Stress response regulation of mRNA translation: Implications for antioxidant enzyme expression in cancer

Abstract

From tumorigenesis to advanced metastatic stages, tumor cells encounter stress, ranging from limited nutrient and oxygen supply within the tumor microenvironment to extrinsic and intrinsic oxidative stress. Thus, tumor cells seize regulatory pathways to rapidly adapt to distinct physiologic conditions to promote cellular survival, including manipulation of mRNA translation. While it is now well established that metastatic tumor cells must up-regulate their antioxidant capacity to effectively spread and that regulation of antioxidant enzymes is imperative to disease progression, relatively few studies have assessed how translation and the hijacking of RNA systems contribute to antioxidant responses of tumors. Here, we review the major stress signaling pathways involved in translational regulation and discuss how these are affected by oxidative stress to promote prosurvival changes that manipulate antioxidant enzyme expression. We describe how tumors elicit these adaptive responses and detail how stress-induced translation can be regulated by kinases, RNA-binding proteins, RNA species, and RNA modification systems. We also highlight opportunities for further studies focused on the role of mRNA translation and RNA systems in the regulation of antioxidant enzyme expression, which may be of particular importance in the context of metastatic progression and therapeutic resistance.

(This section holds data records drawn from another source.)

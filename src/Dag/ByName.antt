-- ===== src/Dag/ByName.antt =====
-- The map from names to jobs, for distinct names.
use helion_v.Prelude.{
  ◌≤◌, String, some, List, [], ◌∷◌, Assoc, In, here, there, lookup, insert, lookup-insert,
  lookup-insert_self, count, ◌≡◌, ◌⊎◌, inl, inr, refl, sym, ap, ◌∙◌, arith, str_eq, eq_iff,
  Bool-cases, Option-cases, subst, some_cancel,
}
use text.Mathlib.TextPositions.{eq_refl}
use helion_v.Workflow.{WorkflowJob}
use helion_v.Dag.From.{by_name, deps_of}
use helion_v.Dag.Checks.{job_names}
use helion_v.Dag.Edges.{Edge, edge}

lookup-by_name :
    (n : String) (jobs : List WorkflowJob) (m : Assoc WorkflowJob) (j : WorkflowJob)
    → lookup n (by_name jobs m) ≡ some j
    → (In j jobs × (j.name ≡ n)) ⊎ (lookup n m ≡ some j)
unfolding by_name
lookup-by_name n [] m j h = inr h
lookup-by_name n (x ∷ xs) m j h = elim (lookup-by_name n xs (insert x.name x m) j h) [
  | inl (i, e) ↦ inl (there i, e)
  | inr k ↦ elim (Bool-cases (str_eq x.name n)) [
    | inr z ↦ inr (rw (lookup-insert, z) at k)
    | inl z ↦
        let same = some_cancel (rw (lookup-insert, z) at k) in
        inl (here same, ap (λ w. w.name) (sym same) ∙ (eq_iff x.name n).0 z)
  ]
]

by_name-other :
    (n : String) (jobs : List WorkflowJob) (m : Assoc WorkflowJob)
    → count n (job_names jobs) ≡ 0
    → lookup n (by_name jobs m) ≡ lookup n m
unfolding by_name count
by_name-other n [] m h = refl
by_name-other n (x ∷ xs) m h =
    by_name-other n xs (insert x.name x m) (ground arith)
    ∙ ground (arith, h, lookup-insert x.name n x m)

In-names : (j : WorkflowJob) (jobs : List WorkflowJob) → In j jobs → In j.name (job_names jobs)
In-names j [] i = elim i [ ]
In-names j (x ∷ xs) (here e) = here (ap (λ w. w.name) e)
In-names j (x ∷ xs) (there i) = there (In-names j xs i)

pub by_name-In :
    (jobs : List WorkflowJob) (m : Assoc WorkflowJob)
    → ((n : String) → count n (job_names jobs) ≤ 1)
    → (j : WorkflowJob) → In j jobs
    → lookup j.name (by_name jobs m) ≡ some j
unfolding by_name count
by_name-In [] m d j i = elim i [ ]
by_name-In (x ∷ xs) m d j (here e) =
    let once : count x.name (job_names xs) ≡ 0 = ground (arith, d x.name, eq_refl x.name) in
    subst (λ w. lookup w.name (by_name xs (insert x.name x m)) ≡ some w) e
      (by_name-other x.name xs (insert x.name x m) once ∙ lookup-insert_self x.name x m)
by_name-In (x ∷ xs) m d j (there i) =
    by_name-In xs (insert x.name x m) (λ n. ground (arith, d n)) j i

module _ (jobs : List WorkflowJob) where
  abbrev names_of : Assoc WorkflowJob
  names_of = by_name jobs []

  pub found-In :
      (n : String) (j : WorkflowJob)
      → lookup n (by_name jobs []) ≡ some j
      → In j jobs × (j.name ≡ n)
  unfolding lookup
  found-In n j h = elim (lookup-by_name n jobs [] j h) [
    | inl p ↦ p
    | inr k ↦ (let bad : ⊥ = ground (arith, k) in elim bad [ ])
  ]

  pub deps_of-Edge : (a n : String) → In a (deps_of (by_name jobs []) n) → Edge jobs a n
  deps_of-Edge a n i = elim (Option-cases (lookup n (by_name jobs []))) [
    | inl e ↦ elim (rw (e, deps_of) at i) [ ]
    | inr (j, e) ↦ (let (k, f) = found-In n j e in edge j k (rw (e, deps_of) at i) f)
  ]

  pub Edge-deps_of :
      ((n : String) → count n (job_names jobs) ≤ 1)
      → (a n : String) → Edge jobs a n
      → In a (deps_of (by_name jobs []) n)
  Edge-deps_of d a n (edge j i k e) = rw (← e, by_name-In jobs [] d j i, deps_of) k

Keywords: Antioxidant; Cancer; RNA.

Fig. 1.

mTOR and the integrated stress response (ISR) regulate CAP-dependent translation. (A) During different stages of the tumor development and progression, cancer cells experience various forms of intrinsic and extrinsic sources of stress that activate (B) or inhibit mTOR-dependent protein synthesis (C), pathways that block high-energy-demanding cap-dependent translation and thus aid tumor cell survival. (B) Phosphorylation of eIF2α by ISR kinases PKR, HRI, PERK, and GNC2 results in the abrogation of translation initiation. (C) mTORC1 integrates growth factor and oncogene signaling inputs and adjusts mRNA translation based on cellular demands. (D) The cap-dependent translation machinery is regulated at the formation of the 43S preinitiation complex, translational initiation via eIF4, and elongation via eEF2.

Fig. 2.

IRES and uORFs drive selective, cap-independent translation. (A) i) Translation of two uORF within the 5′UTR of the ATF4 transcript inhibits ATF4 translation in normal conditions. ii) In response to the ISR, the level of functional eIF2 decreases, and the scanning ribosome cannot associate with the translation initiation factors in a timely fashion. Delayed translation reinitiation allows time for ribosome to scan through and bypass of the second uORF allowing for ATF4 protein synthesis initiation at the main ORF. (B) i) Under normal conditions, IRES elements can inhibit translation of stress response transcripts by structurally interfering binding of the ribosome with the ORF. ii) Under stress conditions, conformational changes in IRES elements can trigger translation in a cap-independent manner by directly recruiting the ribosome to the mRNA near the AUG start codon through interaction with ITAFs.

Fig. 3.

Regulatory changes to tRNA structure. Under low abundance of essential amino acids, tRNAs can no longer be charged with their corresponding amino acids, and this leads to accumulation of uncharged tRNAs, GCN2 activation, and translational reprogramming. tRNA modifications include cleavage, chemical modifications, and mischarging. Endonucleolytic cleavage of tRNAs can lead to 5′ and 3′ halves, and the 5′ half directly inhibits translation initiation. Cleavage at the 3′ end eliminates the CCA sequence and deactivates tRNAs to reduce the functional tRNA pool under stress. Among many chemical modifications in tRNAs, mcm⁵Um at the wobble U34 base is particularly important for selenocysteine incorporation. tRNA mischarging increases the frequency of Met misincorporation to nascent polypeptides, which in turn protects cells from oxidative stress through sulfur-dependent ROS scavenging.